Al plantearnos el sentido de la vida, deberíamos plantearnos también el sentido de la muerte, porque en este mundo solo estamos de paso, y a veces vivimos como si nunca fuésemos a morir. ¡Ah! ¿Ya pensamos que un día nos presentaremos ante Dios y que Él juzgará nuestra vida?
La vejez y la enfermedad nos muestran la caducidad de la existencia humana, pero al mismo tiempo, junto con el sufrimiento y la incertidumbre que comportan, también nos abren las puertas de la esperanza gracias al ejemplo de Jesucristo, que se acercaba a los enfermos, se compadecía de ellos y los curaba. Jesucristo curaba a los enfermos en un doble sentido: a unos los sanaba de su enfermedad y a otros los confortaba espiritualmente; ahora bien, en ambos casos, los enfermos recibían en perdón de sus pecados.
Esta acción de Jesucristo y su misericordia hacia los enfermos se manifiesta hoy en el sacramento de la unción y en la comunión llevada a las personas que sufren en el lecho del dolor. La unción no es un acto siniestro, ni la corroboración de una sentencia de muerte ante un hecho irreversible, sino un sacramento que conforta a los enfermos en el proceso de su enfermedad y en el que, en algunos casos, Dios les devuelve incluso la salud física perdida.
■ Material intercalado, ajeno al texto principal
-- ===== src/Memory/Section/Frame.antt =====
-- What a mutation of a section leaves alone.
use momo_core.Prelude.{
  if◌then◌else◌, ℕ, ◌+◌, ◌≡◌, refl, sym, ap, ◌∙◌, Bool, true, false, ◌||◌, ◌⊎◌, inl, inr, none,
  some, List, [], ◌∷◌, ◌++◌, Text, contains_text, text_eq, trim, any, utf8_len, Bool-cases,
  Option-cases, arith, ok, err,
}
use mathlib.Core.List.{append_assoc}
use momo_core.Memory.Metadata.{missing_section}
use momo_core.Memory.Section.{
  newline, mark, next_mark, lines, find_line, split_at, trim_newlines, ends_with_line, mutate_at,
  mutate_section,
}
use momo_core.Memory.Section.Lines.{
  NoReturn, IsAt, find_line-IsAt, split_at-append, utf8_len-append,
}
use momo_core.Memory.Section.Parts.{EndsSection}

-- The section's text is the content, or ends with it on lines of its own.
abbrev pub is_held : Text → Text → Bool
is_held content own =
    text_eq (trim_newlines own) (trim content) || ends_with_line (trim_newlines own) (trim content)

-- What stands in a section after an addition of what is not held, given what stood there.
abbrev pub IsAdded : Text → Text → Text → Type 0
IsAdded content own new =
    (gap : Text) × ((gap ≡ []) ⊎ (gap ≡ newline))
    × (new ≡ newline ++ (trim_newlines own ++ (gap ++ (trim content ++ newline))))

-- What stands in a section after a mutation, given what stood there; the Boolean is `replace`.
abbrev pub IsWritten : Text → Text → Bool → Text → Type 0
IsWritten content own true new = new ≡ newline ++ (trim content ++ newline)
IsWritten content own false new =
    ((is_held content own ≡ true) × (new ≡ own))
    ⊎ ((is_held content own ≡ false) × IsAdded content own new)

-- The body before and after a mutation: they differ in the section's own text, which reaches from
-- the heading's line to the next heading, if there is one, and no further.
pub record IsMutated (body section content : Text) (replace : Bool) (result : Text) : Type 0 where
  pub above : Text
  pub own : Text
  pub own_after : Text
  pub rest : Text
  pub whole : body ≡ above ++ ((mark ++ trim section) ++ (own ++ rest))
  pub result_whole : result ≡ above ++ ((mark ++ trim section) ++ (own_after ++ rest))
  pub ends_line : (own ++ rest ≡ []) ⊎ ((below : Text) × (own ++ rest ≡ newline ++ below))
  pub opens : (above ≡ []) ⊎ ((earlier : Text) × (above ≡ earlier ++ newline))
  pub closes : EndsSection rest
  pub one_section : contains_text next_mark own ≡ false
  pub changed : IsWritten content own replace own_after

-- The index after the heading splits the body there.
heading_split :
    (body heading : Text) (start : ℕ) (at : IsAt body heading 0 start)
    → split_at body (start + utf8_len heading) ≡ some (at.above ++ heading, at.below)
heading_split body heading start at =
    let whole : body ≡ (at.above ++ heading) ++ at.below =
      at.whole ∙ sym (append_assoc at.above heading at.below) in
    let counted : start + utf8_len heading ≡ utf8_len (at.above ++ heading) =
      omega (arith, at.distance, utf8_len-append at.above heading) in
    ap (split_at body) counted
    ∙ ap (λ b. split_at b (utf8_len (at.above ++ heading))) whole
    ∙ split_at-append (at.above ++ heading) at.below

find_line-any :
    (heading : Text) (offset : ℕ) (found : List Text)
    → find_line heading offset found ≡ none
    → any (λ line. text_eq line heading) found ≡ false
unfolding find_line any
find_line-any heading offset [] h = refl
find_line-any heading offset (line ∷ rest) h =
    ground (arith, h, find_line-any heading (offset + (utf8_len line + 1)) rest)

any-find_line :
    (heading : Text) (offset : ℕ) (found : List Text) {start : ℕ}
    → find_line heading offset found ≡ some start
    → any (λ line. text_eq line heading) found ≡ true
unfolding find_line any
any-find_line heading offset [] h = cc
any-find_line heading offset (line ∷ rest) {start} h = elim (Bool-cases (text_eq line heading)) [
  | inl t ↦ rw t refl
  | inr t ↦ rw t (
      any-find_line heading (offset + (utf8_len line + 1)) rest {start = start}
        (ground (arith, t, h)))
]

-- In a body without carriage returns, a mutation succeeds if a line is the section's heading, and
-- otherwise reports that the section is missing; no index panics.
pub mutate_section-total :
    (body section content : Text) (replace : Bool)
    → NoReturn body
    → (result : Text) × (mutate_section body section content replace ≡ (
        if any (λ line. text_eq line (mark ++ trim section)) (lines body)
        then ok result
        else err (missing_section section)))
unfolding mutate_section
mutate_section-total body section content replace clean =
    let heading = mark ++ trim section in
    elim (Option-cases (find_line heading 0 (lines body))) [
      | inl e ↦ (body, rw (e, find_line-any heading 0 (lines body) e, mutate_section) refl)
      | inr (start, e) ↦
          let at : IsAt body heading 0 start =
            find_line-IsAt heading 0 body (lines body) clean refl e in
          (
            mutate_at body (at.above ++ heading) at.below content replace,
            rw
                (
                  e,
                  heading_split body heading start at,
                  any-find_line heading 0 (lines body) e,
                  mutate_section,
                )
                refl,
          )
    ]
Por eso, la unción no es un sacramento para darlo in extremis a los moribundos, sino un sacramento para los enfermos, aunque de su enfermedad no se derive un peligro de muerte inminente.
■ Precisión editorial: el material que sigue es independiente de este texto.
-- ===== src/Memory/Tests.antt =====
-- A scene that is edited and a memory that is archived, and instances of the theorems.
use momo_core.Prelude.{
  if◌then◌else◌, ℕ, ◌≡◌, ◌↔◌, refl, subst, contains_text, Bool, true, false, Option, none, some,
  List, [], ◌∷◌, ◌++◌, Text, codes, any, trim, text_eq, Succeeds, arith, ok, err,
}
use momo_core.Ddm.Tests.{hundredths}
use momo_core.Memory.Times.{pos}
use momo_core.Memory.Components.{PathBuf, normal, components}
use momo_core.Memory.Metadata.{
  missing_section, panic, active, Metadata, MemoryDocument, validate_metadata,
}
use momo_core.Memory.Paths.{archive_path_for, active_path_for, validate_patch_target}
use momo_core.Memory.Archive.{archive_path_for-active_path_for}
use momo_core.Memory.Section.{newline, mark, lines, mutate_section}
use momo_core.Memory.Section.Frame.{mutate_section-total}
use momo_core.Memory.Operations.{
  append, update_frontmatter, MetadataUpdate, PatchOperation, apply_operations,
}
use momo_core.Memory.Operations.Kept.{IsKept, apply_operations-IsKept}
use momo_core.Memory.Document.{Yaml, fence, trim_start_matches, encode, parse}
use momo_core.Memory.Document.RoundTrip.{IsFaithful, parse-encode}

abbrev pub scene_body : Text
scene_body = codes "# Scene\n\n## Focus\ntea\n\n## Status\nactive\n"

abbrev scene_after : Text
scene_after = codes "# Scene\n\n## Focus\ntea\ncake\n## Status\nactive\n"

append_again : mutate_section scene_after (codes "Focus") (codes "cake") false ≡ ok scene_after
unfolding mutate_section text_eq
append_again = refl

replace_run :
    mutate_section scene_body (codes "Status") (codes "closed") true
    ≡ ok (codes "# Scene\n\n## Focus\ntea\n\n## Status\nclosed\n")
unfolding mutate_section text_eq
replace_run = refl

-- `lines` drops the carriage return that the offset does not count.
panic_run : mutate_section (codes "\r\n## é") (codes "é") (codes "x") true ≡ err panic
unfolding mutate_section text_eq
panic_run = refl

mutate_section-total_example :
    (result : Text) × (mutate_section scene_body (codes "Mood") (codes "calm") true ≡ (
      if any (λ line. text_eq line (mark ++ trim (codes "Mood"))) (lines scene_body)
      then ok result
      else err (missing_section (codes "Mood"))))
mutate_section-total_example =
    mutate_section-total scene_body (codes "Mood") (codes "calm") true (ground arith)

abbrev party : PathBuf
party = normal (codes "events") ∷ normal (codes "party.md") ∷ []

abbrev old_party : PathBuf
old_party = normal (codes "archive") ∷ normal (codes "event") ∷ normal (codes "party.md") ∷ []

components_run : components (codes "events//./party.md") ≡ party
unfolding components text_eq
components_run = refl

target_run : validate_patch_target party ≡ ok tt
unfolding validate_patch_target any momo_core.Memory.Components.extension text_eq
    momo_core.Prelude.member
target_run = refl

archive_run : archive_path_for party (codes "event") ≡ ok old_party
unfolding archive_path_for text_eq
archive_run = refl

archive_path_for-active_path_for_example :
    (archive_path_for party (codes "event") ≡ ok old_party)
    ↔ (active_path_for old_party (codes "event") ≡ ok party)
archive_path_for-active_path_for_example =
    archive_path_for-active_path_for party old_party (codes "event")

abbrev metadata : Metadata hundredths
metadata = record {
  id = codes "party";
  kind = codes "event";
  importance = some 50;
  weight = some 90;
  touch_at = pos 7;
  decay_at = some (pos 5);
  archived_at = none;
  relations = [];
  tags = [];
  aliases = [];
  injection_scope = none;
  injection_conversation_id = none;
  injection_character_id = none;
  status = active;
}

abbrev document : MemoryDocument hundredths
document = record { metadata = metadata; body = scene_body }

abbrev fainter : MetadataUpdate hundredths
fainter = record {
  importance = none;
  weight = some 80;
  decay_at = none;
  relations = none;
  tags = none;
  aliases = none;
  injection_scope = none;
  injection_conversation_id = none;
  injection_character_id = none;
  status = none;
}

abbrev edits : List (PatchOperation hundredths)
edits = append (codes "Focus") (codes "cake") ∷ update_frontmatter fainter ∷ []

abbrev edited : MemoryDocument hundredths
edited = record { metadata = record metadata { weight = some 80 }; body = scene_after }

metadata_run : validate_metadata hundredths metadata ≡ ok tt
unfolding validate_metadata trim momo_core.Prelude.member text_eq
metadata_run = refl

edits_run : apply_operations hundredths document edits ≡ ok edited
unfolding apply_operations text_eq momo_core.Prelude.member
edits_run = refl

apply_operations-IsKept_example :
    IsKept metadata edited.metadata × (validate_metadata hundredths edited.metadata ≡ ok tt)
apply_operations-IsKept_example =
    apply_operations-IsKept edits document edited metadata_run edits_run

-- It writes the name, and reads the one memory.
abbrev pub one_memory : Yaml hundredths
one_memory = record {
  from_str = λ text. some metadata;
  to_string = λ m. some (codes "id: party\n");
}

one_memory-IsFaithful : IsFaithful one_memory metadata
unfolding trim_start_matches contains_text
one_memory-IsFaithful = record {
  front = codes "id: party";
  ends = λ text h.
      let q : codes "id: party\n" ≡ text = cc in
      subst (λ t. trim_start_matches fence t ≡ codes "id: party" ++ newline) q refl;
  reads = refl;
  clean = ground arith;
  unfenced = refl;
}

abbrev pub stored : Text
stored = codes "---\nid: party\n---\n" ++ scene_body

encode_run : encode one_memory document ≡ ok stored
unfolding encode trim momo_core.Prelude.member text_eq
encode_run = refl

parse-encode_example : parse one_memory stored ≡ ok document
parse-encode_example =
    parse-encode one_memory document stored one_memory-IsFaithful (ground arith) encode_run
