-- ===== src/Memory/Prepare/Tests.antt =====
-- A patch that creates a memory, and instances of the theorems.
use momo_core.Prelude.{
  ℕ, ◌≡◌, refl, Bool, true, false, ◌||◌, Option, none, some, List, [], ◌∷◌, ◌++◌, Text, codes,
  text_eq, leb, ◌&&◌, if◌then◌else◌, ok,
}
use momo_core.Ddm.Tests.{hundredths}
use momo_core.Commit.Transaction.{FileMutation, write}
use momo_core.Memory.Times.{pos}
use momo_core.Memory.Metadata.{active}
use momo_core.Memory.Access.{AccessConfig}
use momo_core.Memory.Terms.{Unicode, searchable_terms}
use momo_core.Memory.Operations.{create}
use momo_core.Memory.Escapes.{
  escape_quoted_content_backslashes, escape_unknown_double_quoted_yaml_escapes,
}
use momo_core.Memory.Escapes.Settled.{escape_unknown_idempotent}
use momo_core.Memory.Tests.{one_memory, scene_body, stored}
use momo_core.Memory.Patches.{Formats}
use momo_core.Memory.Prepare.{load_access, prepare_patch}
use momo_core.Memory.Prepare.Managed.{IsPlan, prepare_patch-IsPlan}

quoted_run :
    escape_quoted_content_backslashes (codes "- content: \"a\\d\\n\"\n")
    ≡ codes "- content: \"a\\\\d\\\\n\"\n"
unfolding escape_quoted_content_backslashes
quoted_run = refl

unknown_run :
    escape_unknown_double_quoted_yaml_escapes (codes "x: \"\\d\\n\" \\d")
    ≡ codes "x: \"\\\\d\\n\" \\d"
unfolding escape_unknown_double_quoted_yaml_escapes
unknown_run = refl

escape_unknown_idempotent_example :
    escape_unknown_double_quoted_yaml_escapes
      (escape_unknown_double_quoted_yaml_escapes (codes "x: \"\\d\""))
    ≡ escape_unknown_double_quoted_yaml_escapes (codes "x: \"\\d\"")
escape_unknown_idempotent_example = escape_unknown_idempotent (codes "x: \"\\d\"")

abbrev unicode : Unicode
unicode = record {
  nfkc = λ text. text;
  to_lowercase = λ text. text;
  is_alphanumeric = λ c. leb 97 c && leb c 122 || leb 128 c;
}

terms_run :
    searchable_terms unicode (codes "tea and日本酒 tea")
    ≡ codes "tea" ∷ codes "and" ∷ codes "日本" ∷ codes "本酒" ∷ []
unfolding searchable_terms momo_core.Prelude.all momo_core.Prelude.member text_eq
terms_run = refl

abbrev access : AccessConfig
access = record {
  version = 1;
  read = [];
  write = codes "event" ∷ [];
  allow_archive_restore = false;
}

abbrev formats : Formats hundredths
formats = record {
  metadata = one_memory;
  patches = λ text. some (
      record {
        target_file = codes "events/party.md";
        operations =
            create
              (record {
                id = codes "party";
                kind = codes "event";
                importance = 50;
                weight = 90;
                decay_at = pos 5;
                relations = [];
                tags = [];
                aliases = [];
                injection_scope = none;
                injection_conversation_id = none;
                injection_character_id = none;
                status = active;
              })
              scene_body
            ∷ [];
      }
      ∷ []);
  access = λ text. some access;
  index = λ text. none;
  index_text = λ index. some (codes "index");
}

abbrev files : Text → Option Text
files path = if text_eq path (codes "config/access.yaml") then some (codes "access") else none

abbrev refused : Text → Bool
refused path = false

abbrev changes : List FileMutation
changes =
    write (codes "events/party.md") stored
    ∷ write (codes "indexes/memory_index.yaml") (codes "index")
    ∷ []

prepare_run :
    prepare_patch hundredths formats unicode refused [] files (pos 9) (codes "patches: …")
    ≡ ok changes
unfolding prepare_patch text_eq momo_core.Prelude.all momo_core.Prelude.member
    momo_core.Memory.Components.extension
prepare_run = refl

prepare_patch-IsPlan_example :
    (access : AccessConfig) × (load_access hundredths formats unicode refused [] files (pos 9)
      ≡ ok access)
    × IsPlan hundredths formats unicode refused [] files (pos 9) access changes
prepare_patch-IsPlan_example =
    prepare_patch-IsPlan hundredths formats unicode refused [] files (pos 9) (codes "patches: …")
      changes prepare_run
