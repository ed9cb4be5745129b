-- ===== src/Operations.antt =====
-- crates/momo-core/src/orchestration/coordination.rs: the operations in progress, their guards, and
-- cancellation.
pub mod States
pub mod Tracking
mod Tests
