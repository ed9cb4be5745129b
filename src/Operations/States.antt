-- ===== src/Operations/States.antt =====
-- coordination.rs, `OperationState`: one entry for each request in progress.
use momo_core.Prelude.{
  ℕ, ◌+◌, ◌-◌, Bool, true, false, ◌&&◌, Option, none, some, List, [], ◌∷◌, ltb, ◌==◌, if◌then◌else◌,
  Text, text_eq, lookup, put, any, Outcome, ok, err,
}

pub record OperationState : Type 0 where
  pub active : ℕ
  pub cancelled : Bool
  pub scope_id : Text

-- `operation_states`
abbrev pub States : Type 0
States = List (Text × OperationState)

pub data MomoApiError : Type 0 where
  cancelled : MomoApiError

-- `states.remove(&request_id)`
unfoldable pub remove : States → Text → States
remove [] id = []
remove ((k, state) ∷ rest) id =
    let later = remove rest id in if text_eq k id then later else (k, state) ∷ later

-- `states.entry(id).or_default()`
abbrev pub or_default : Option OperationState → OperationState
or_default none = record { active = 0; cancelled = false; scope_id = [] }
or_default (some state) = state

unfoldable pub enter_operation : States → Text → Text → States
enter_operation states request_id scope_id =
    let state = or_default (lookup states request_id) in
    put states request_id (record state { active = state.active + 1; scope_id = scope_id })

-- The closure of `Drop for OperationGuard`, for the entry that it finds.
unfoldable pub leave : States → Text → Option OperationState → States
leave states request_id none = states
leave states request_id (some state) =
    if state.active - 1 == 0
    then remove states request_id
    else put states request_id (record state { active = state.active - 1 })

-- The owner of the states is there as long as a guard is.
unfoldable pub drop_guard : States → Text → States
unfolding leave
drop_guard states request_id = leave states request_id (lookup states request_id)

unfoldable pub cancel : States → Text → Option OperationState → Bool × States
cancel states request_id none = (false, states)
cancel states request_id (some state) =
    (ltb 0 state.active, put states request_id (record state { cancelled = true }))

unfoldable pub cancel_operation : States → Text → Bool × States
unfolding cancel
cancel_operation states request_id = cancel states request_id (lookup states request_id)

abbrev is_cancelled : Option OperationState → Bool
is_cancelled none = false
is_cancelled (some state) = state.cancelled

unfoldable pub ensure_active : States → Text → Outcome MomoApiError (Unit {0})
ensure_active states request_id =
    if is_cancelled (lookup states request_id) then err cancelled else ok tt

unfoldable pub has_active_responses : States → Text → Bool
has_active_responses states scope_id =
    any (λ entry. ltb 0 (entry.1).active && text_eq (entry.1).scope_id scope_id) states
Es triste ver como hay personas que, aunque se consideran cristianas, no llaman al sacerdote para que visite a sus familiares enfermos, privándoles así de una ayuda espiritual de primer orden; o bien, cuando avisan, lo hacen cuando el enfermo ya está inconsciente, o quizás acaba de morir. «No queremos que se asuste», acostumbran a decir, ¡Dios mío, qué visión tan triste del sacramento de la unción, del ministerio sacerdotal y de la cura de los enfermos en general! No quiero exagerar, pero me vienen a la mente las palabras que dijo un sacerdote mayor hace ya años: «Mejor es morir asustado que morir condenado», porque el susto pasará cuando participemos de la gloria de Dios, pero la condenación… eso sí que no tendrá remedio, sobre todo si hemos rechazado todas las ayudas de la gracia que Dios nos ha dado. Por otra parte, quienes tienen miedo de asustar al enfermo, ¿tendrían el mismo temor su lo tuvieran que convencer para que firmara el testamento? ¿Llevar a un notario ante el lecho de un moribundo no asusta y llevar a un sacerdote sí?
Aprovechemos y valoremos, pues, todos los medios que Dios nos concede para cultivar nuestra relación con Él; no vivamos en el olvido de todo ni en la despreocupación, ni a lo largo de la vida, ni en la enfermedad, ni en la hora de la muerte, porque en todas las etapas de la existencia necesitamos el alimento espiritual que nos fortalece y hace más estrecha y profunda nuestra relación con el Señor.